**What the exercise asks**. Extract all lines from the data beneath that include the word "flags".

**Records for the task**.
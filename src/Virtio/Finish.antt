-- ===== src/Virtio/Finish.antt =====
-- Requests to the disk that are done: `virtio_disk_rw` behind its second sleep.
use cs202_lab.Prelude.{
  ℕ, suc, ◌<◌, ◌≡◌, inl, inr, refl, sym, ap, ◌∙◌, Bool, true, false, not, ◌==◌, ◌&&◌, none, some,
  if◌then◌else◌, arith, Bool-cases,
}
use cs202_lab.Virtio.{
  num, Desc, Driver, store, freed, free_chain, has_next, empty_desc, rw_start, rw_finish,
}
use cs202_lab.Virtio.Marks.{free_desc_taken, store_ne, among, store_three, Trio}
use cs202_lab.Virtio.InFlight.{IsChain, IsChain-same, IsChain-Keeps, Keeps, Started, rw_start_lem}

chain_on :
    (fuel i j : ℕ) (s : Driver)
    → i < num
    → s.free i ≡ false
    → has_next (s.desc i).flags ≡ true
    → (s.desc i).next ≡ j
    → free_chain (suc fuel) i s ≡ free_chain fuel j (freed i s)
unfolding free_chain
chain_on fuel i j s lt h f e = rw (free_desc_taken i s lt h, f, e) refl

chain_end :
    (fuel i : ℕ) (s : Driver)
    → i < num
    → s.free i ≡ false
    → has_next (s.desc i).flags ≡ false
    → free_chain (suc fuel) i s ≡ some (freed i s)
unfolding free_chain
chain_end fuel i s lt h f = rw (free_desc_taken i s lt h, f) refl

-- The driver once a request is done: its three descriptors are free and empty, the others and the
-- buffers are as before.
abbrev pub Finished : ℕ → ℕ → ℕ → Driver → Driver → Type 0
Finished i0 i1 i2 s s' =
    ((i : ℕ) → s'.free i ≡ (if among i0 i1 i2 i then true else s.free i))
    × ((i : ℕ) → s'.desc i ≡ (if among i0 i1 i2 i then empty_desc else s.desc i))
    × ((i : ℕ) → s'.info i ≡ (if i == i0 then none else s.info i))
    × (s'.busy ≡ s.busy)

-- A chain of three descriptors in use, finished by its first descriptor: no panic, and these three
-- are free and empty, while every other descriptor stays as it is.
pub rw_finish_lem :
    (i0 i1 i2 : ℕ) (s : Driver)
    → IsChain i0 i1 i2 s
    → (s' : Driver) × (rw_finish i0 s ≡ some s') × Finished i0 i1 i2 s s'
unfolding rw_finish
rw_finish_lem i0 i1 i2 s c =
    let s0 = record s { info = store i0 none s.info } in
    let s1 = freed i0 s0 in
    let s2 = freed i1 s1 in
    let at1 : s1.desc i1 ≡ s.desc i1 = store_ne i0 i1 empty_desc s.desc (λ e. c.ne01 (sym e)) in
    let at2 : s2.desc i2 ≡ s.desc i2 =
      store_ne i1 i2 empty_desc s1.desc (λ e. c.ne12 (sym e))
      ∙ store_ne i0 i2 empty_desc s.desc (λ e. c.ne02 (sym e)) in
    let used1 : s1.free i1 ≡ false = store_ne i0 i1 true s.free (λ e. c.ne01 (sym e)) ∙ c.used1 in
    let used2 : s2.free i2 ≡ false =
      store_ne i1 i2 true s1.free (λ e. c.ne12 (sym e))
      ∙ store_ne i0 i2 true s.free (λ e. c.ne02 (sym e))
      ∙ c.used2 in
    (
      freed i2 s2,
      chain_on 7 i0 i1 s0 c.low0 c.used0 c.flag0 c.next0
          ∙ chain_on 6 i1 i2 s1 c.low1 used1 (ap (λ (d : Desc). has_next d.flags) at1 ∙ c.flag1)
              (ap (λ (d : Desc). d.next) at1 ∙ c.next1)
          ∙ chain_end 5 i2 s2 c.low2 used2 (ap (λ (d : Desc). has_next d.flags) at2 ∙ c.flag2),
      (
        (λ i. store_three i0 i1 i2 i true s.free),
        (λ i. store_three i0 i1 i2 i empty_desc s.desc),
        (λ i. refl),
        refl,
      ),
    )

-- What a finished request leaves to the others.
pub Finished-Keeps :
    (i0 i1 i2 j0 j1 j2 : ℕ) (s s' : Driver)
    → IsChain j0 j1 j2 s
    → ((j : ℕ) → among j0 j1 j2 j ≡ true → among i0 i1 i2 j ≡ false)
    → Finished i0 i1 i2 s s'
    → IsChain j0 j1 j2 s'
Finished-Keeps i0 i1 i2 j0 j1 j2 s s' c apart (marks, descs, infos, busy) =
    IsChain-same j0 j1 j2 s s' c (λ j h free.
      let out = apart j h in
      let m = marks j in let d = descs j in (rw out at m ∙ free, rw out at d))

-- The three descriptors were free.
Trio-free :
    (i0 i1 i2 i : ℕ) (s : Driver) → Trio s i0 i1 i2 → among i0 i1 i2 i ≡ true → s.free i ≡ true
Trio-free i0 i1 i2 i s t h = elim (Bool-cases (i == i0)) [
  | inl e ↦ let at : i ≡ i0 = ground arith in ap s.free at ∙ t.free_a
  | inr e ↦ elim (Bool-cases (i == i1)) [
    | inl g ↦ let at : i ≡ i1 = ground arith in ap s.free at ∙ t.free_b
    | inr g ↦ let at : i ≡ i2 = ground arith in ap s.free at ∙ t.free_c
  ]
]

-- A request that was sent, and is finished in a later state where other requests may have been sent
-- and finished, but what was in use when it was sent still is: it finishes without a panic, and the
-- descriptors that become free are just those that it took.
pub rw_start-rw_finish :
    (b blockno i0 : ℕ) (write : Bool) (s s' s'' : Driver)
    → rw_start b blockno write s ≡ some (some i0, s')
    → Keeps s' s''
    → (t : Driver) × (rw_finish i0 s'' ≡ some t)
      × ((i : ℕ) → t.free i ≡ (if s.free i && not (s'.free i) then true else s''.free i))
rw_start-rw_finish b blockno i0 write s s' s'' e k = from (rw e at (rw_start_lem b blockno write s))
  where
    from :
        Started b blockno write s (some (some i0, s'))
        → (t : Driver) × (rw_finish i0 s'' ≡ some t)
          × ((i : ℕ) → t.free i ≡ (if s.free i && not (s'.free i) then true else s''.free i))
    from (i1, i2, t, c, r, k', marks) =
        let (done, e', (free, f2, f3, f4)) =
          rw_finish_lem i0 i1 i2 s'' (IsChain-Keeps i0 i1 i2 s' s'' c k) in
        (done, e', λ i. ground (arith, marks i, free i, Trio-free i0 i1 i2 i s t))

**Reply to the exercise**.
    → has_next (s.desc i).flags ≡ true
    → has_next (s.desc i).flags ≡ false
          ∙ chain_on 6 i1 i2 s1 c.low1 used1 (ap (λ (d : Desc). has_next d.flags) at1 ∙ c.flag1)
          ∙ chain_end 5 i2 s2 c.low2 used2 (ap (λ (d : Desc). has_next d.flags) at2 ∙ c.flag2),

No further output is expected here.